Allée de Roumegous à Saint-Magne
06 25 24 34 22
Contact par mail via le site Internet
Page Instagram
Page Facebook
Pour y aller
Bus 4811 (plusieurs arrêts au départ de Bordeaux, Talence et Gradignan).
© Potabilis
Entre2Terres, un écolieu familial à la Réole
Pour venir ici depuis Bordeaux, Florence Duval, la gérante de cet éco-lieu, vous conseille de prendre le train pour que l’aventure démarre sur le quai de gare. « Vous êtes à 45 minutes en TER depuis Bordeaux. Une fois arrivé à la Réole, il vous reste une vingtaine de minutes à pied pour rejoindre l’Entre deux terres. Vous traverserez la ville médiévale, ses petites rues, les quais, vous passerez devant le lavoir… Ça fait une chouette balade pour votre arrivée ! Et si vous êtes chargés, je peux aussi venir vous chercher en voiture ». Dans cette proposition, on voit là tout l’état d’esprit de celle qui gère l’éco-lieu : le sens de l’accueil, des choix écoresponsables et une grande convivialité.
© écolieu Entre2Terres
Où le vrai luxe sont le calme et la sobriété
« Ici, vous pouvez loger dans la maison où je loue deux chambres avec lits doubles et simples. Mais vous pouvez aussi planter votre tente dans le jardin » précise-t-elle. Situé à la Réole, son éco-lieu respecte la biodiversité au maximum. « Sur les 6 000 m² de terrain, tout est en permaculture. On y trouve un verger où cueillir des poires, des pommes, des prunes et des figuiers. En ce moment, précise-t-elle, on a une communauté de milans qui font leur petit bruit à eux ! ». La contemplation des moindres détails liés à la faune ou à la flore est une des spécialités de Florence. Rien ne lui échappe comme cette libellule qui vient régulièrement voleter autour de sa petite mare.

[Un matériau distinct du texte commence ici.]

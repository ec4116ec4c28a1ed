-- ===== src/Pipeline/Auth/Granted.antt =====
-- src/sudo/pipeline.rs: what precedes the end of `auth_and_update_record_file` without an error.
use sudo_rs.Prelude.{◌<◌, Bool, true, false, ◌&&◌, not, Option, some, arith}
use sudo_rs.Prelude.{◌≡◌, refl, ap, ◌∙◌, ◌⊎◌, inl, inr}
use mathlib.Core.Path.{subst}
use sudo_rs.Prelude.Tests.{if◌then◌else◌, ◌==◌, Bool-cases, Option-cases}
use sudo_rs.Accounts.{User}
use sudo_rs.Sudoers.Policy.{Authentication}
use sudo_rs.Resolve.{Error, Result, ok, err}
use sudo_rs.Session.Time.{SystemTime}
use sudo_rs.Session.Record.{RecordScope}
use sudo_rs.Session.Store.{File, Outcome, returned, failed, panicked, out_of_fuel, seek, open_file}
use sudo_rs.Session.Operations.{TouchResult, updated, outdated, not_found, touch}
use sudo_rs.Pam.{
  PamError, PamResult, pam_ok, pam_failed, authenticate, validate_account_or_change_auth_token,
}
use sudo_rs.Pipeline.Attempts.{AuthResult, success, failure, stop, attempt_authenticate}
use sudo_rs.Pipeline.Attempts.Bounded.{after_attempt-success, attempt_authenticate-Decided}
use sudo_rs.Pipeline.Auth.{
  Machine, AuthContext, AuthStatus, StatusResult, status, crash, spent, AuthReply, granted, refused,
  validity_of, status_of, auth_user_of, scope_of, determine_auth_status, remember, account_checked,
  finish, log_in, with_status, status_for, auth_and_update_record_file,
}

Result-cases : {A : Type 0} (r : Result A) → ((a : A) × (r ≡ ok a)) ⊎ ((e : Error) × (r ≡ err e))
Result-cases (ok a) = inl (a, refl)
Result-cases (err e) = inr (e, refl)

pub PamResult-cases :
    {A : Type 0} (r : PamResult A)
    → ((a : A) × (r ≡ pam_ok a)) ⊎ ((e : PamError) × (r ≡ pam_failed e))
PamResult-cases (pam_ok a) = inl (a, refl)
PamResult-cases (pam_failed e) = inr (e, refl)

module _ {S : Type 0} (m : Machine S) (context : AuthContext) (auth : Authentication)
    (disk : Option File) where
  -- Why a user may go on.
  pub data Reason : Type 0 where
    exempt : auth.must_authenticate ≡ false → Reason
    by_password :
        (user : User) (s s' : S)
        → auth_user_of m.database context auth.credential ≡ ok user
        → authenticate m.library user.name s ≡ (pam_ok tt, s')
        → Reason
    by_record :
        (user : User) (scope : RecordScope) (f : File) (old_time new_time : SystemTime)
        → auth_user_of m.database context auth.credential ≡ ok user
        → context.use_session_records ≡ true
        → scope_of m auth.scope ≡ some scope
        → disk ≡ some f
        → (touch m.big_endian m.touch_now m.touch_time
            (validity_of auth)
            scope
            user.uid
            (open_file (seek 0 f))).1
          ≡ returned (updated old_time new_time)
        → Reason

  -- The account was checked, and that gave no error.
  pub record Checked (s' : S) : Type 0 where
    pub before : S
    pub checked : validate_account_or_change_auth_token m.library before ≡ (pam_ok tt, s')

  account_checked-Checked :
      (s s' : S) (x : PamResult (Unit {0}) × S) (d : Option File)
      → validate_account_or_change_auth_token m.library s ≡ x
      → (account_checked m x d).0 ≡ granted s'
      → Checked s'
  account_checked-Checked s s' (pam_ok u, t) d v h = record { before = s; checked = cc }
  account_checked-Checked s s' (pam_failed e, t) d v h = absurd (cc)

  finish-Checked : (s s' : S) (d : Option File) → (finish m s d).0 ≡ granted s' → Checked s'
  finish-Checked s s' d h =
      account_checked-Checked s s' (validate_account_or_change_auth_token m.library s) d refl h

  status_of-updated :
      (x : File × Outcome TouchResult) (st : AuthStatus)
      → (status_of x).0 ≡ status st
      → st.must_authenticate ≡ false
      → (t : SystemTime) × (t' : SystemTime) × (x.1 ≡ returned (updated t t'))
  unfolding status_of
  status_of-updated (f, returned (updated t t')) st h n = (t, t', refl)
  status_of-updated (f, returned not_found) st h n = absurd (cc)
  status_of-updated (f, returned (outdated t)) st h n = absurd (cc)
  status_of-updated (f, failed) st h n = absurd (cc)
  status_of-updated (f, panicked) st h n = absurd (cc)
  status_of-updated (f, out_of_fuel) st h n = absurd (cc)

  -- A status without authentication is an exemption or a record within its time.
  status-Reason :
      (user : User) (st : AuthStatus)
      → auth_user_of m.database context auth.credential ≡ ok user
      → (status_for m context auth user disk).0 ≡ status st
      → st.must_authenticate ≡ false
      → Reason
  unfolding determine_auth_status
  status-Reason user st u h n = elim (Bool-cases auth.must_authenticate) [
    | inr not_required ↦ exempt not_required
    | inl required ↦ elim (Bool-cases context.use_session_records) [
      | inr unused ↦ absurd (cc (rw (required, unused, determine_auth_status) at h))
      | inl used ↦ elim (Option-cases (scope_of m auth.scope)) [
        | inl no_scope ↦ absurd (cc (rw (required, used, no_scope, determine_auth_status) at h))
        | inr (scope, sc) ↦ elim (Option-cases disk) [
          | inl no_file ↦ absurd (cc (rw (required, used, sc, no_file, determine_auth_status) at h))
          | inr (f, file) ↦
              let x =
                touch m.big_endian m.touch_now m.touch_time (validity_of auth) scope user.uid
                  (open_file (seek 0 f)) in
              let h' : (status_of x).0 ≡ status st =
                rw (required, used, sc, file, determine_auth_status) at h in
              let (t, t', e) = status_of-updated x st h' n in
              by_record user scope f t t' u used sc file e
        ]
      ]
    ]
  ]

  attempt-success :
      (user : User) (s s' : S)
      → auth_user_of m.database context auth.credential ≡ ok user
      → attempt_authenticate m.library user.name context.non_interactive auth.allowed_attempts s
        ≡ (success, s')
      → Reason
  unfolding attempt_authenticate
  attempt-success user s s' u h = elim (Bool-cases (auth.allowed_attempts == 0)) [
    | inl z ↦ absurd (cc (rw (z, attempt_authenticate) at h))
    | inr nz ↦
        let p : 0 < auth.allowed_attempts = ground arith in
        let d =
          attempt_authenticate-Decided m.library user.name context.non_interactive
            auth.allowed_attempts s p in
        let e = d.result ∙ ap (λ x. stop x.0) h in
        let o = after_attempt-success context.non_interactive auth.allowed_attempts _ _ e in
        by_password user d.last (authenticate m.library user.name d.last).1 u
          (ap (λ r. (r, (authenticate m.library user.name d.last).1)) o)
  ]

  after_attempts :
      User
      → Option RecordScope
      → AuthStatus
      → Option File
      → AuthResult × S
      → AuthReply S × Option File
  after_attempts user scope st d x = elim x.0 [
    | failure e ↦ (refused e, d)
    | success ↦ finish m x.1 (remember m scope user.uid st d)
  ]

  after_attempts-Reason :
      (user : User) (scope : Option RecordScope) (st : AuthStatus) (d : Option File) (s s' : S)
      (x : AuthResult × S)
      → auth_user_of m.database context auth.credential ≡ ok user
      → attempt_authenticate m.library user.name context.non_interactive auth.allowed_attempts s ≡ x
      → (after_attempts user scope st d x).0 ≡ granted s'
      → Reason × Checked s'
  unfolding after_attempts
  after_attempts-Reason user scope st d s s' (failure e, t) u a h = absurd (cc)
  after_attempts-Reason user scope st d s s' (success, t) u a h =
      (attempt-success user s t u a, finish-Checked t s' (remember m scope user.uid st d) h)

  log_in-Reason :
      (user : User) (scope : Option RecordScope) (st : AuthStatus) (d : Option File) (s s' : S)
      → auth_user_of m.database context auth.credential ≡ ok user
      → (log_in m context auth user scope st d s).0 ≡ granted s'
      → Reason × Checked s'
  unfolding log_in after_attempts
  log_in-Reason user scope st d s s' u h =
      elim (Bool-cases (context.non_interactive && not auth.noninteractive_auth)) [
        | inl quiet ↦ absurd (cc (rw (quiet, log_in) at h))
        | inr may_ask ↦
            let h' : (after_attempts user scope st d (
                  attempt_authenticate m.library user.name context.non_interactive
                    auth.allowed_attempts s)).0
                ≡ granted s' =
              rw (may_ask, log_in) at h in
            after_attempts-Reason user scope st d s s' _ u refl h'
      ]

  with_status-Reason :
      (user : User) (x : StatusResult × Option File) (s' : S)
      → auth_user_of m.database context auth.credential ≡ ok user
      → status_for m context auth user disk ≡ x
      → (with_status m context auth user (scope_of m auth.scope) x).0 ≡ granted s'
      → Reason × Checked s'
  unfolding with_status
  with_status-Reason user (crash, d) s' u e h = absurd (cc)
  with_status-Reason user (spent, d) s' u e h = absurd (cc)
  with_status-Reason user (status st, d) s' u e h = elim (PamResult-cases m.init_pam) [
    | inr (e', no_pam) ↦ absurd (cc (rw (no_pam, with_status) at h))
    | inl (s, some_pam) ↦
        let go : Bool → AuthReply S × Option File = λ b.
          if b then log_in m context auth user (scope_of m auth.scope) st d s else finish m s d in
        let h₀ : (go st.must_authenticate).0 ≡ granted s' = rw (some_pam, with_status) at h in
        elim (Bool-cases st.must_authenticate) [
          | inl must ↦
              let h' : (log_in m context auth user (scope_of m auth.scope) st d s).0 ≡ granted s' =
                subst (λ b. (go b).0 ≡ granted s') must h₀ in
              log_in-Reason user (scope_of m auth.scope) st d s s' u h'
          | inr need_not ↦
              let h' : (finish m s d).0 ≡ granted s' =
                subst (λ b. (go b).0 ≡ granted s') need_not h₀ in
              (status-Reason user st u (ap (λ k. k.0) e) need_not, finish-Checked s s' d h')
        ]
  ]

  -- If the function ends without an error, then the policy asks for no authentication, or an attempt
  -- of the authenticating user was a success, or `touch` renewed a record of the user for the scope
  -- in the file on the disk; and the check of the account was a success.
  pub auth_and_update_record_file-Reason :
      (s' : S)
      → (auth_and_update_record_file m context auth disk).0 ≡ granted s'
      → Reason × Checked s'
  unfolding auth_and_update_record_file
  auth_and_update_record_file-Reason s' h =
      elim (Result-cases (auth_user_of m.database context auth.credential)) [
        | inr (e, unknown) ↦ absurd (cc (rw (unknown, auth_and_update_record_file) at h))
        | inl (user, u) ↦
            let h' : (with_status m context auth user (scope_of m auth.scope)
                  (status_for m context auth user disk)).0
                ≡ granted s' =
              rw (u, auth_and_update_record_file) at h in
            with_status-Reason user (status_for m context auth user disk) s' u refl h'
      ]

L’entre-deux-terres est un lieu où se reposer, que ce soit dans le coin des hamacs ou le coin salon du jardin. Les enfants pourront s’occuper du potager, réaliser des macérats de plantes sauvages avec Florence où aller voir les moutons du berger qui vivent en contrebas. Une vraie reconnexion avec la nature pour la famille, au cœur de la Réole !
Entre2terres
Ecolieu Calianest à La Réole
06 61 56 51 69
ecolieuentre2terres@gmail.com
Pour y aller
TER Nouvelle Aquitaine au départ de Bordeaux avec 10 A/R par jour en 45 minutes. On vient vous chercher à la gare!